Among the records, find the lines that hold the string "filepath" and return them.

### Entries supplied
---+---

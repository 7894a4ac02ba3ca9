-- ===== src/Tokenizer/Bounds.antt =====
-- The invariant of the tokenizer between the turns of its loop: bounds on tokens in progress.
pub mod Tokens
pub mod Numbers
pub mod Scans
pub mod Strings
pub mod Steps
pub mod Turns
pub mod Loop
use oaverify.Common.{
  ℕ, zero, suc, ◌+◌, ◌-◌, ◌*◌, ◌^◌, ◌≤◌, ◌<◌, ◌≡◌, refl, ◌≢◌, Bool, true, false, not, ◌&&◌, ◌||◌,
  Option, none, some, List, [], ◌∷◌, ◌++◌, arith, ltb, leb, ◌==◌, if◌then◌else◌, length, take, drop,
  get_elem?, Bool-cases, inl, inr, min,
}
use oaverify.Tokenizer.Bytes.{is_number_byte}
use oaverify.Tokenizer.Numbers.{number_run, number_end, ends_number}
use oaverify.Tokenizer.Strings.{is_literal, literal_run}
use oaverify.Tokenizer.{
  State, st_value, st_value_or_end_array, st_in_string, st_in_string_escape, st_in_string_unicode,
  st_in_number, st_in_literal, TextDecoder, Tokenizer, limit_from, Context, ctx_array, ctx_object,
  state_after, reaches,
}

-- `n <= limit`
abbrev pub AtMost : ℕ → Option ℕ → Type 0
AtMost n none = Unit
AtMost n (some limit) = n ≤ limit

-- What a state still costs: a value may begin a number, which may end without taking a byte.
abbrev pub weight : State → ℕ
weight st_value = 2
weight st_value_or_end_array = 2
weight st_in_number = 1
weight _ = 0

pub number_run_bounds : (n : ℕ) (s : List ℕ) → (number_run n s ≤ n) × (number_run n s ≤ length s)
unfolding number_run
number_run_bounds zero s = ground arith
number_run_bounds (suc n) [] = ground arith
number_run_bounds (suc n) (b ∷ s) = ground (arith, number_run_bounds n s)

pub literal_run_bounds : (n : ℕ) (s : List ℕ) → (literal_run n s ≤ n) × (literal_run n s ≤ length s)
unfolding literal_run
literal_run_bounds zero s = ground arith
literal_run_bounds (suc n) [] = ground arith
literal_run_bounds (suc n) (b ∷ s) = ground (arith, literal_run_bounds n s)

module _ {D : TextDecoder} {H : Type 0} where
  -- A key in progress is within its limit.
  abbrev pub KeyFits : Tokenizer D H → Type 0
  KeyFits s =
      s.string_is_key ≡ true
      → (s.string_start < s.offset) × AtMost s.offset (limit_from s.string_start s.max_key_bytes)

  abbrev pub ValidIn : State → Tokenizer D H → Type 0
  ValidIn st_in_string s = KeyFits s
  ValidIn st_in_string_escape s = KeyFits s
  ValidIn st_in_string_unicode s =
      KeyFits s × (s.uni_digits < 4) × (s.uni_value < 16 ^ s.uni_digits)
  ValidIn st_in_number s =
      (s.token_start + length s.num_buf ≡ s.offset)
      × AtMost s.offset (limit_from s.token_start s.max_number_bytes)
  ValidIn st_in_literal s = s.lit_pos < length s.lit_expected
  ValidIn _ s = Unit

  -- The bounds of the token in progress.
  abbrev pub IsValid : Tokenizer D H → Type 0
  IsValid s = ValidIn s.state s

  -- What one dispatch leaves: the offset is as before, the bytes taken pay for the state, and the
  -- bounds hold past them.
  pub record Moved (s : Tokenizer D H) (limit : ℕ) (taken : ℕ) (s' : Tokenizer D H) : Type 0 where
    pub same_offset : s'.offset ≡ s.offset
    pub in_chunk : taken ≤ limit
    pub paid : weight s'.state < weight s.state + 3 * taken
    pub valid : IsValid (record s' { offset = s.offset + taken })

  abbrev pub After : Tokenizer D H → ℕ → ℕ × Tokenizer D H → Type 0
  After s limit (taken, s') = Moved s limit taken s'
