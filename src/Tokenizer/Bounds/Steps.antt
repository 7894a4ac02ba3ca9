-- ===== src/Tokenizer/Bounds/Steps.antt =====
-- What the limits of `write` let pass.
use oaverify.Common.{
  ℕ, suc, ◌+◌, ◌<◌, ◌≡◌, refl, Bool, true, false, not, ◌&&◌, ◌||◌, Option, none, some, List, ◌∷◌,
  arith, if◌then◌else◌, length, Bool-cases, inl, inr,
}
use oaverify.Tokenizer.Bytes.{number_re, is_number_byte}
use oaverify.Tokenizer.Numbers.{check_number}
use oaverify.Tokenizer.Machine.{guard, in_number, is_in_string, limit_counts}
use oaverify.Tokenizer.Outcomes.{Returns, Returns->>=, Returns-if}
use oaverify.Tokenizer.Bounds.{AtMost}
use oaverify.Tokenizer.{
  State, TextDecoder, Tokenizer, limit_from, reaches, scan_end, done, room, hard_limit, is_zero,
  min_limit,
}

-- What the tests of `write` have passed on the byte `b`.
pub record Passed {D : TextDecoder} {H : Type 0} (s : Tokenizer D H) (b : ℕ) : Type 0 where
  pub below :
      reaches s.offset (hard_limit s.limit_counts_all s.byte_limit_at s.span_limit_at) ≡ false
  pub key_limit :
      (s.string_is_key
        && (is_in_string s.state && reaches s.offset (limit_from s.string_start s.max_key_bytes)))
      ≡ false
  pub number_limit :
      (in_number s.state
        && (reaches s.offset (limit_from s.token_start s.max_number_bytes) && is_number_byte b))
      ≡ false

reaches-min_limit :
    (at : ℕ) (x y : Option ℕ)
    → reaches at x ≡ false
    → reaches at y ≡ false
    → reaches at (min_limit x y) ≡ false
reaches-min_limit at none y h k = k
reaches-min_limit at (some x) none h k = h
reaches-min_limit at (some x) (some y) h k = ground arith

not_reached :
    (at : ℕ) (all : Bool) (x y : Option ℕ) (state : State) (b : ℕ)
    → (reaches at x && limit_counts all state b) ≡ false
    → reaches at y ≡ false
    → reaches at (hard_limit all x y) ≡ false
unfolding limit_counts
not_reached at false x y state b h k = k
not_reached at true x y state b h k = reaches-min_limit at x y (ground arith) k

pub room-pos :
    (n at : ℕ) (limit : Option ℕ) → 0 < n → reaches at limit ≡ false → 0 < room n limit at
room-pos n at none h k = h
room-pos n at (some l) h k = let below : at < l = ground arith in omega arith

pub AtMost-start : (offset : ℕ) (limit : Option ℕ) → AtMost (offset + 0) (limit_from offset limit)
AtMost-start offset none = tt
AtMost-start offset (some l) = omega arith

pub AtMost-quote :
    (offset : ℕ) (limit : Option ℕ)
    → is_zero limit ≡ false
    → AtMost (offset + 1) (limit_from offset limit)
AtMost-quote offset none h = tt
AtMost-quote offset (some l) h = ground arith

module _ {D : TextDecoder} {H : Type 0} where
  pub scan_end-pos :
      (s : Tokenizer D H) (b : ℕ) (chunk : List ℕ) → Passed s b → 0 < scan_end s (b ∷ chunk)
  unfolding scan_end
  scan_end-pos s b chunk passed =
      room-pos (suc (length chunk)) s.offset
        (hard_limit s.limit_counts_all s.byte_limit_at s.span_limit_at) (omega arith) passed.below

  check_number-Returns : (s : Tokenizer D H) → Returns (λ s'. Unit) (check_number s)
  unfolding check_number
  check_number-Returns s =
      Returns-if (λ s'. Unit) (number_re s.num_buf) _ _ (λ h. tt) (λ h. λ k. cc)

  pub guard-Passed : (s : Tokenizer D H) (b : ℕ) → Returns (λ s'. (s' ≡ s) × Passed s b) (guard s b)
  unfolding guard
  guard-Passed s b =
      let at_byte_limit =
        reaches s.offset s.byte_limit_at && limit_counts s.limit_counts_all s.state b in
      let at_span_limit = reaches s.offset s.span_limit_at in
      let P = λ (s' : Tokenizer D H). (s' ≡ s) × Passed s b in
      Returns-if P (at_byte_limit || at_span_limit) _ _
        (λ e.
          Returns->>= (λ s'. Unit) P
            (if in_number s.state && not (is_number_byte b) then check_number s else done s) _
            (Returns-if (λ s'. Unit) (in_number s.state && not (is_number_byte b)) _ _
              (λ h. check_number-Returns s) (λ h. tt))
            (λ s' h. elim (Bool-cases at_byte_limit) [
              | inl k ↦ rw k (λ h. cc)
              | inr k ↦ rw k (λ h. cc)
            ]))
        (λ e.
          Returns-if P
            (s.string_is_key
              && (is_in_string s.state
                  && reaches s.offset (limit_from s.string_start s.max_key_bytes)))
            _ _ (λ k. λ h. cc)
            (λ k.
              Returns-if P
                (in_number s.state
                  && (reaches s.offset (limit_from s.token_start s.max_number_bytes)
                      && is_number_byte b))
                _ _ (λ n. λ h. cc)
                (λ n. (
                  refl,
                  record {
                    below =
                        not_reached s.offset s.limit_counts_all s.byte_limit_at s.span_limit_at
                          s.state b (ground arith) (ground arith);
                    key_limit = k;
                    number_limit = n;
                  },
                ))))
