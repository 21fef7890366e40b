-- ===== src/ResultServer/Streams.antt =====
-- `LogHandler` and `BsonStore` of lib/cuckoo/core/resultserver.py: the log of an analysis and the
-- streams of its processes, which are copied without a limit.
use capev.Base.{
  ℕ, ◌≡◌, refl, ap, sym, ◌∙◌, Bool, true, false, not, ◌&&◌, Option, none, some, List, [], ◌∷◌, ◌++◌,
  keep, if◌then◌else◌, append_assoc, append_empty,
}
use capev.Base.Bytes.{codes, same_bytes}
use capev.ResultServer.Lines.{
  Recv, received, timeout, bad_descriptor, connection_reset, other_socket_error, other_exception,
}
use capev.ResultServer.Limiter.{plain, contents, copy_loop, copy_to_fd}
use capev.ResultServer.Limiter.Truncation.{upload}
use capev.ResultServer.Upload.{Files}

abbrev log_path : List ℕ
log_path = codes "analysis.log"

-- `copy_to_fd` to a new file.
abbrev stream_to : List ℕ → List ℕ → List Recv → Files → Files
stream_to path buf rs files = (path, contents (copy_to_fd rs buf 0 []).1) ∷ files

-- `open_exclusive` raises an `OSError` for a file that is there, which `is_there` tells; then `handle`
-- does nothing.
unfoldable handle_log : (List ℕ → Files → Bool) → Bool → List ℕ → List Recv → Files → Files
handle_log is_there opens buf rs files =
    if opens && not (is_there log_path files) then stream_to log_path buf rs files else files

-- `logs/<version>.bson`, where `shown` is the version in decimal digits.
abbrev bson_path : List ℕ → List ℕ
bson_path shown = codes "logs/" ++ (shown ++ codes ".bson")

-- Without a version nothing is read; a file that is there is overwritten.
unfoldable handle_bson : Option (List ℕ) → List ℕ → List Recv → Files → Files
handle_bson none buf rs files = files
handle_bson (some shown) buf rs files =
    stream_to (bson_path shown) buf rs
      (keep (λ (f : List ℕ × List ℕ). not (same_bytes f.0 (bson_path shown))) files)

copy_loop-plain :
    (rs : List Recv) (xs : List ℕ) → contents (copy_loop rs (plain xs)).1 ≡ xs ++ upload rs
unfolding copy_loop
copy_loop-plain [] xs = sym (append_empty xs)
copy_loop-plain (received [] ∷ rs) xs = sym (append_empty xs)
copy_loop-plain (received (y ∷ ys) ∷ rs) xs =
    copy_loop-plain rs (xs ++ (y ∷ ys)) ∙ append_assoc xs (y ∷ ys) (upload rs)
copy_loop-plain (timeout ∷ rs) xs = sym (append_empty xs)
copy_loop-plain (bad_descriptor ∷ rs) xs = sym (append_empty xs)
copy_loop-plain (connection_reset ∷ rs) xs = sym (append_empty xs)
copy_loop-plain (other_socket_error ∷ rs) xs = sym (append_empty xs)
copy_loop-plain (other_exception ∷ rs) xs = sym (append_empty xs)

-- The log of a first session is all that was sent; a second session changes nothing, if a file that
-- was made is there.
handle_log_once :
    (is_there : List ℕ → Files → Bool) (buf buf' : List ℕ) (rs rs' : List Recv) (files : Files)
    → ((xs : List ℕ) → is_there log_path ((log_path, xs) ∷ files) ≡ true)
    → is_there log_path files ≡ false
    → (handle_log is_there true buf rs files ≡ (log_path, buf ++ upload rs) ∷ files)
      × (handle_log is_there true buf' rs' (handle_log is_there true buf rs files)
          ≡ handle_log is_there true buf rs files)
unfolding handle_log copy_to_fd
handle_log_once is_there buf buf' rs rs' files made new = rw new (
  ap (λ l. (log_path, l) ∷ files) (copy_loop-plain rs buf),
  rw (made (contents (copy_loop rs (plain buf)).1)) refl,
)
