-- ===== src/ResultServer/Upload/Stored.antt =====
-- An upload from its first byte to the stored file (`FileUpload.handle` of
-- lib/cuckoo/core/resultserver.py), for all ways in which its bytes arrive.
use capev.Base.{
  ℕ, ◌<◌, ◌≡◌, refl, ap, ◌∙◌, true, false, not, Option, none, some, List, [], ◌∷◌, ◌++◌, All, arith,
}
use capev.ResultServer.Lines.{
  Recv, received, timeout, bad_descriptor, connection_reset, other_socket_error, other_exception,
  read_newline,
}
use capev.ResultServer.Lines.Chunking.{payload, IsChunk, IsLine, read_newline-first_of}
use capev.ResultServer.Limiter.{
  finished, Sink, contents, write_to, open_sink, copy_loop, copy_to_fd,
}
use capev.ResultServer.Limiter.Truncation.{upload, truncated, copy_to_fd-truncated}
use capev.ResultServer.Names.{netlog_sanitize_fname}
use capev.ResultServer.Protocol.{Ints, words}
use capev.ResultServer.Upload.{
  line_of, parsed, Reading, read_line, Header, Files, Entry, all_ints, is_second, read_metadata,
  read_header, log_entry, System, store, handle,
}

-- What is read next, cut into any chunks; then the client has ended the connection.
abbrev pub Unread : List ℕ → List ℕ → List Recv → Type 0
Unread stream buf rs =
    (cs : List Recv) × (later : List Recv) × (rs ≡ cs ++ (received [] ∷ later))
    × (buf ++ payload cs ≡ stream)
    × All IsChunk cs

-- Reading gives the value and leaves the rest of the stream, for all its chunkings.
abbrev Reads : {A : Type 0} → Reading A → List ℕ → A → List ℕ → Type 0
Reads m stream a rest =
    (buf : List ℕ) (rs : List Recv)
    → Unread stream buf rs
    → (buf' : List ℕ) × (rs' : List Recv) × (m buf rs ≡ parsed a buf' rs') × Unread rest buf' rs'

Reads-line : (l rest : List ℕ) → IsLine l → Reads read_line (l ++ (10 ∷ rest)) l rest
unfolding read_line
Reads-line l rest h buf rs (cs, later, e, stream, c) =
    let eof = received [] ∷ later in
    let (buf', cs', q, left, c') = read_newline-first_of cs eof buf l rest c h stream in
    (
      buf',
      cs' ++ eof,
      ap line_of (ap (λ r. read_newline r buf) e ∙ q),
      (cs', later, refl, left, c'),
    )

-- The upload is what the chunks hold.
upload-payload :
    (cs later : List Recv) → All IsChunk cs → upload (cs ++ (received [] ∷ later)) ≡ payload cs
upload-payload [] later c = refl
upload-payload (received [] ∷ cs) later c = absurd (omega (arith, c.0))
upload-payload (received (x ∷ xs) ∷ cs) later c = ap (◌++◌ (x ∷ xs)) (upload-payload cs later c.1)
upload-payload (timeout ∷ cs) later c = absurd c.0
upload-payload (bad_descriptor ∷ cs) later c = absurd c.0
upload-payload (connection_reset ∷ cs) later c = absurd c.0
upload-payload (other_socket_error ∷ cs) later c = absurd c.0
upload-payload (other_exception ∷ cs) later c = absurd c.0

-- The copying ends at the end of the connection.
copy_loop-finished :
    (cs later : List Recv) (fd : Sink)
    → All IsChunk cs
    → (copy_loop (cs ++ (received [] ∷ later)) fd).0 ≡ finished
unfolding copy_loop
copy_loop-finished [] later fd c = refl
copy_loop-finished (received [] ∷ cs) later fd c = absurd (omega (arith, c.0))
copy_loop-finished (received (x ∷ xs) ∷ cs) later fd c =
    copy_loop-finished cs later (write_to (x ∷ xs) fd) c.1
copy_loop-finished (timeout ∷ cs) later fd c = absurd c.0
copy_loop-finished (bad_descriptor ∷ cs) later fd c = absurd c.0
copy_loop-finished (connection_reset ∷ cs) later fd c = absurd c.0
copy_loop-finished (other_socket_error ∷ cs) later fd c = absurd c.0
copy_loop-finished (other_exception ∷ cs) later fd c = absurd c.0

copied :
    (stream buf : List ℕ) (rs : List Recv) (max_size : ℕ)
    → Unread stream buf rs
    → 0 < max_size
    → ((copy_to_fd rs buf max_size []).0 ≡ finished)
      × (contents (copy_to_fd rs buf max_size []).1 ≡ truncated max_size stream)
unfolding copy_to_fd
copied stream buf rs max_size (cs, later, e, all, c) pos = (
  ap (λ r. (copy_loop r (write_to buf (open_sink max_size []))).0) e
      ∙ copy_loop-finished cs later (write_to buf (open_sink max_size [])) c,
  copy_to_fd-truncated rs buf [] max_size pos
      ∙ ap (λ r. truncated max_size (buf ++ upload r)) e
      ∙ ap (λ l. truncated max_size (buf ++ l)) (upload-payload cs later c)
      ∙ ap (truncated max_size) all,
)

-- The lines that a client of version 2 sends, with what they mean.
pub record Sent {V : Type 0} (i : Ints V) : Type 0 where
  pub raw : List ℕ
  pub filepath : List ℕ
  pub pids_line : List ℕ
  pub ppids_line : List ℕ
  pub metadata : List ℕ
  pub category : List ℕ
  pub duplicated_line : List ℕ
  pub path : List ℕ
  pub pids : List V
  pub ppids : List V
  pub duplicated : V
  pub lines :
      All IsLine
        (raw ∷ filepath ∷ pids_line ∷ ppids_line ∷ metadata ∷ category ∷ duplicated_line ∷ [])
  pub is_path : netlog_sanitize_fname raw ≡ some path
  pub is_pids : all_ints i (words [] pids_line) ≡ some pids
  pub is_ppids : all_ints i (words [] ppids_line) ≡ some ppids
  pub is_duplicated : i.int duplicated_line ≡ some duplicated

module _ {V : Type 0} {i : Ints V} (m : Sent i) (body : List ℕ) where
  -- The bytes after the path.
  abbrev fields : List ℕ
  fields =
      m.filepath
      ++ (10
          ∷ (m.pids_line
              ++ (10
                  ∷ (m.ppids_line
                      ++ (10
                          ∷ (m.metadata
                              ++ (10
                                  ∷ (m.category ++ (10 ∷ (m.duplicated_line ++ (10 ∷ body)))))))))))

  abbrev pub message : List ℕ
  message = m.raw ++ (10 ∷ fields)

  abbrev pub header : Header V
  header = record {
    path = m.path;
    filepath = some m.filepath;
    pids = m.pids;
    ppids = m.ppids;
    metadata = m.metadata;
    category = m.category;
    duplicated = not (i.is_zero m.duplicated);
  }

  read_metadata-Reads : Reads (read_metadata i m.path) fields header body
  unfolding read_metadata
  read_metadata-Reads buf rs un =
      let ls = m.lines in
      let (buf1, rs1, e1, un1) = Reads-line m.filepath _ ls.1.0 buf rs un in
      let (buf2, rs2, e2, un2) = Reads-line m.pids_line _ ls.1.1.0 buf1 rs1 un1 in
      let (buf3, rs3, e3, un3) = Reads-line m.ppids_line _ ls.1.1.1.0 buf2 rs2 un2 in
      let (buf4, rs4, e4, un4) = Reads-line m.metadata _ ls.1.1.1.1.0 buf3 rs3 un3 in
      let (buf5, rs5, e5, un5) = Reads-line m.category _ ls.1.1.1.1.1.0 buf4 rs4 un4 in
      let (buf6, rs6, e6, un6) = Reads-line m.duplicated_line body ls.1.1.1.1.1.1.0 buf5 rs5 un5 in
      (buf6, rs6, rw (e1, e2, m.is_pids, e3, m.is_ppids, e4, e5, e6, m.is_duplicated) refl, un6)

  read_header-Reads :
      (version : Option V)
      → is_second i version ≡ true
      → Reads (read_header i version) message header body
  unfolding read_header
  read_header-Reads version e buf rs un =
      let (buf1, rs1, e1, un1) = Reads-line m.raw fields m.lines.0 buf rs un in
      let (buf2, rs2, e2, un2) = read_metadata-Reads buf1 rs1 un1 in
      (buf2, rs2, rw (e1, m.is_path, e) e2, un2)

  -- If the connection brings data, however it is cut into chunks, and then its end, the lines of a
  -- version 2 upload can be read, its path is accepted, it is no duplicate, the file is not there
  -- and can be made, and the limit is positive, then handle finishes without an error and leaves
  -- exactly the new file with the bytes after the header, truncated at the limit, and the log entry
  -- of the header.
  pub handle-truncated :
      (sys : System) (max_size : ℕ) (version : Option V) (buf : List ℕ) (rs : List Recv)
      (files : Files) (filelog : List (Entry V))
      → is_second i version ≡ true
      → Unread message buf rs
      → i.is_zero m.duplicated ≡ true
      → sys.decodes m.path ≡ true
      → sys.opens m.path ≡ true
      → sys.exists m.path files ≡ false
      → 0 < max_size
      → handle i sys max_size version buf rs files filelog ≡ record {
        ended = some finished;
        failure = none;
        files = (m.path, truncated max_size body) ∷ files;
        filelog = log_entry header filelog;
      }
  unfolding handle store
  handle-truncated sys max_size version buf rs files filelog e un d1 d2 d3 d4 pos =
      let (buf1, rs1, e1, un1) = read_header-Reads version e buf rs un in
      let (ends, bytes) = copied body buf1 rs1 max_size un1 pos in
      rw (e1, d1, d2, d3, d4, ends, bytes) refl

---+---

### Answer for the task
  pub filepath : List ℕ
        (raw ∷ filepath ∷ pids_line ∷ ppids_line ∷ metadata ∷ category ∷ duplicated_line ∷ [])
      m.filepath
    filepath = some m.filepath;
      let (buf1, rs1, e1, un1) = Reads-line m.filepath _ ls.1.0 buf rs un in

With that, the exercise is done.